2 cups unsweetened coconut or 1 cup coconut butter (like Nutiva coconut manna)

24 medjool dates, cut open and pitted

To make your own coconut butter at home pour the 2 cups of coconut into your blender jar, or food processor, and blend for 3-8 minutes until it is a thick liquid. (It will take longer in a food processor.) While that is being made slice your dates and remove pits, then spoon in coconut butter and place in fridge to set up for 10 minutes. I keep them in the fridge for up to 2 weeks. The coconut butter will solidify in the fridge, I love them cold, if you prefer let them sit for 10 minutes at room temp before eating. Leftover coconut butter can be saved and used later, for at least 6 weeks.

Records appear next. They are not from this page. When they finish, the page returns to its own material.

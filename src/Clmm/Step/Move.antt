-- ===== src/Clmm/Step/Move.antt =====
-- quote/clmm.rs: theorems on the move inside a step, before the fee.
use flow_trades_solana.Base.{
  ℕ, ◌-◌, ◌*◌, ◌^◌, ◌≤◌, ◌≡◌, subst, leb, leb→le, Bool, true, false, some, u128_max, arith, inl,
  inr, Option-cases, Bool-cases, if◌then◌else◌,
}
use flow_trades_solana.Base.Arith.{div_ceil-le}
use flow_trades_solana.Clmm.Step.{next_sqrt_price_from_input, deltas_to, Moved, move_short, move}
use flow_trades_solana.Clmm.Step.Deltas.{
  Paid, deltas_down, deltas_up, Paid-down, Paid-up, next_down, next_up,
}

-- Where a move from `p` ends: on the side of the swap, with the input within `x`, and paid for.
pub record Reaches (down : Bool) (l p x : ℕ) (m : Moved) : Type 0 where
  pub side : if down then m.next ≤ p else p ≤ m.next
  pub within : m.amount_in ≤ x
  pub paid :
      if down
      then Paid true l m.next p m.amount_in m.amount_out
      else Paid false l p m.next m.amount_in m.amount_out

short_down :
    (p l x : ℕ) {m : Moved}
    → p ≤ u128_max
    → l ≤ u128_max
    → x ≤ u128_max
    → move_short p l x true ≡ some m
    → Reaches true l p x m
unfolding move_short
short_down p l x {m = m} pb lb xb h = elim (Option-cases (next_sqrt_price_from_input p l x true)) [
  | inl e ↦ ground arith
  | inr (n, e) ↦ elim (Option-cases (deltas_to p n l true)) [
    | inl e1 ↦ ground arith
    | inr ((i, o), e1) ↦
        let (le, covered) = next_down p l x pb xb e in
        let (pos, ei, eo) = deltas_down n p l le pb lb e1 in
        let fits : i ≤ x = rw ei (div_ceil-le (l * (p - n) * 2 ^ 64) (n * p) x pos covered) in
        let same : record { next = n; amount_in = i; amount_out = o } ≡ m = ground arith in
        subst (Reaches true l p x) same
          (record { side = le; within = fits; paid = Paid-down n p l le pb lb e1 })
  ]
]

short_up :
    (p l x : ℕ) {m : Moved}
    → p ≤ u128_max
    → l ≤ u128_max
    → move_short p l x false ≡ some m
    → Reaches false l p x m
unfolding move_short
short_up p l x {m = m} pb lb h = elim (Option-cases (next_sqrt_price_from_input p l x false)) [
  | inl e ↦ ground arith
  | inr (n, e) ↦ elim (Option-cases (deltas_to p n l false)) [
    | inl e1 ↦ ground arith
    | inr ((i, o), e1) ↦
        let (le, covered, top) = next_up p l x e in
        let nb : n ≤ u128_max = omega (arith, top) in
        let (pos, ei, eo) = deltas_up p n l le nb lb e1 in
        let fits : i ≤ x = rw ei (div_ceil-le (l * (n - p)) (2 ^ 64) x (omega arith) covered) in
        let same : record { next = n; amount_in = i; amount_out = o } ≡ m = ground arith in
        subst (Reaches false l p x) same
          (record { side = le; within = fits; paid = Paid-up p n l le nb lb e1 })
  ]
]

pub full : (t i o : ℕ) → Moved
full t i o = record { next = t; amount_in = i; amount_out = o }

pub move_down :
    (p t l x : ℕ) {m : Moved}
    → t ≤ p
    → p ≤ u128_max
    → l ≤ u128_max
    → x ≤ u128_max
    → move p t l x true ≡ some m
    → Reaches true l p x m
unfolding move full
move_down p t l x {m = m} le pb lb xb h = elim (Option-cases (deltas_to p t l true)) [
  | inl e ↦ short_down p l x pb lb xb (ground arith)
  | inr ((i, o), e) ↦ elim (Bool-cases (leb i x)) [
    | inr e1 ↦ short_down p l x pb lb xb (ground arith)
    | inl e1 ↦
        let same : full t i o ≡ m = ground arith in
        subst (Reaches true l p x) same
          (record { side = le; within = leb→le i x e1; paid = Paid-down t p l le pb lb e })
  ]
]

pub move_up :
    (p t l x : ℕ) {m : Moved}
    → p ≤ t
    → t ≤ u128_max
    → l ≤ u128_max
    → move p t l x false ≡ some m
    → Reaches false l p x m
unfolding move full
move_up p t l x {m = m} le tb lb h = elim (Option-cases (deltas_to p t l false)) [
  | inl e ↦ short_up p l x (omega arith) lb (ground arith)
  | inr ((i, o), e) ↦ elim (Bool-cases (leb i x)) [
    | inr e1 ↦ short_up p l x (omega arith) lb (ground arith)
    | inl e1 ↦
        let same : full t i o ≡ m = ground arith in
        subst (Reaches false l p x) same
          (record { side = le; within = leb→le i x e1; paid = Paid-up p t l le tb lb e })
  ]
]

I LOVE these. They are rich and decadent, and I feel fantastic after eating them. I love not getting the gut bomb feeling after a delicious treat. I figure that is feedback that something is so right.

Date Paste

imageDate Paste

2 cups date pellets*

1 cup hot water

Place date pellets in a bowl and cover with hot water. After 30 minutes drain off excess water and blend thoroughly in blender or food processor. Store in a covered container in fridge. I have kept this for up to 5 weeks in the fridge.

*I prefer to use date pellets to make date paste, because they are usually far less expensive than whole dates, and since I blend them up they work perfectly. I usually find them in bulk bins at Sprouts, or similar. I have a delicious treat using whole dates coming up soon. Can you handle the suspense?!? (haha)

Cashew Bliss Balls

imageCashew Bliss Balls

1 1/2 cups cashews, or 1 cup cashew butter

3/4 cup date paste

2 tablespoons cocoa

1 teaspoon vanilla

1/2 cup unsweetened coconut, plus more for rolling

In a food processor blend cashews for several minutes, until they become cashew butter. Then add date paste, cocoa, vanilla, and coconut process until well mixed. Form into small balls and roll in additional coconut, put in a covered container and keep in refrigerator. They keep for up to 10 days.

These were my favorite treat after I quit refined sugar. I love to keep them stocked in the fridge for those nights that I am hanging out with my husband, or afternoon snacks with a smoothie or fruit.